Halo-2-Anniversary-Not-1080p-Comparison
Original Vs. Remastered

Like the previous anniversary edition of Halo: Combat Evolved, Halo 2:Anniversary will feature the option to press a button and see the game in its original engine, complete with less complex characters and reduced visual fidelity as you can see in the comparison at left. Ayoub said that while they could get the game to run smoothly at 720p, the push to 1080p was not working and therefore the game was reduced to a 1328×1080 resolution. This gives the game a “significant and meaningful boost” in the quality of the image and allows the game to run and a silky smooth 60 frames per second.

While the lack of a native 1080p resolution will not be noticible to the majority of gamers, the most common battleground for fan boys between Sony’s PlayStation 4 and Microsoft’s Xbox One has been the One’s struggle to output a true 1080p render for many games due to the more complex internal workings of the Xbox One. While most developers are confident this issue will be gone as developers become more familiar with the hardware, it still remains yet another sticking point.

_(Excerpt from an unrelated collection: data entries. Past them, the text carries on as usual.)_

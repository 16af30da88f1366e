-- ===== src/Core/TypeSelection/MglruReworkTypeSelection2.antt =====
-- Steps 2 of 2 of `_mglru_rework_type_selection_apply` of scripts/abk_stable_core.py.
use abk_5_15_backport.Prelude.{true, List, [], ◌∷◌}
use abk_5_15_backport.Steps.{Step, step}

unfoldable pub mglru_rework_type_selection_steps_2 : List Step
mglru_rework_type_selection_steps_2 =
    step "mm/vmscan.c"
      ("\tint i;\n" ∷ "\tint type;\n" ∷ "\tint scanned;\n" ∷ "\tint tier = -1;\n"
        ∷ "\tDEFINE_MIN_SEQ(lruvec);\n" ∷ "\n" ∷ "\t/*\n"
        ∷ "\t * Try to make the obvious choice first. When anon and file are both\n"
        ∷ "\t * available from the same generation, interpret swappiness 1 as file\n"
        ∷ "\t * first and 200 as anon first.\n" ∷ "\t */\n" ∷ "\tif (!swappiness)\n"
        ∷ "\t\ttype = LRU_GEN_FILE;\n"
        ∷ "\telse if (min_seq[LRU_GEN_ANON] < min_seq[LRU_GEN_FILE])\n"
        ∷ "\t\ttype = LRU_GEN_ANON;\n" ∷ "\telse if (swappiness == 1)\n"
        ∷ "\t\ttype = LRU_GEN_FILE;\n" ∷ "\telse if (swappiness == 200)\n"
        ∷ "\t\ttype = LRU_GEN_ANON;\n" ∷ "\telse\n"
        ∷ "\t\ttype = get_type_to_scan(lruvec, swappiness, &tier);\n" ∷ "\n"
        ∷ "\tfor (i = !swappiness; i < ANON_AND_FILE; i++) {\n" ∷ "\t\tif (tier < 0)\n"
        ∷ "\t\t\ttier = get_tier_idx(lruvec, type);\n" ∷ "\n"
        ∷ "\t\tscanned = scan_pages(lruvec, sc, type, tier, list);\n" ∷ "\t\tif (scanned)\n"
        ∷ "\t\t\tbreak;\n" ∷ "\n" ∷ "\t\ttype = !type;\n" ∷ "\t\ttier = -1;\n" ∷ "\t}\n" ∷ "\n"
        ∷ "\t*type_scanned = type;\n" ∷ "\n" ∷ "\treturn scanned;\n" ∷ "}\n" ∷ [])
      ("\tint i;\n" ∷ "\tint type = get_type_to_scan(lruvec, swappiness);\n" ∷ "\n"
        ∷ "\tfor_each_evictable_type(i, swappiness) {\n" ∷ "\t\tint scanned;\n"
        ∷ "\t\tint tier = get_tier_idx(lruvec, type);\n" ∷ "\n" ∷ "\t\t*type_scanned = type;\n"
        ∷ "\n" ∷ "\t\tscanned = scan_pages(lruvec, sc, type, tier, list);\n" ∷ "\t\tif (scanned)\n"
        ∷ "\t\t\treturn scanned;\n" ∷ "\n" ∷ "\t\ttype = !type;\n" ∷ "\t}\n" ∷ "\n"
        ∷ "\treturn 0;\n" ∷ "}\n" ∷ [])
      true
    ∷ []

Adding to the fact that this is an internal studio with the full power and resources of Microsoft behind it, this setback shows that the issue may be around longer than Microsoft had probably hoped for.

It does not help that all other games in the Master Chief Collection will be running at 1080p natively with 60 frames per second.

The Digital Foundry, part of the Eurogamer family that gives extensive tech breakdowns of hardware and game performance, stated that the decision to keep both the original and remastered engines of Halo 2: Anniversary running concurrently is not the best idea if the goal is to achieve a true 1080p render of the game.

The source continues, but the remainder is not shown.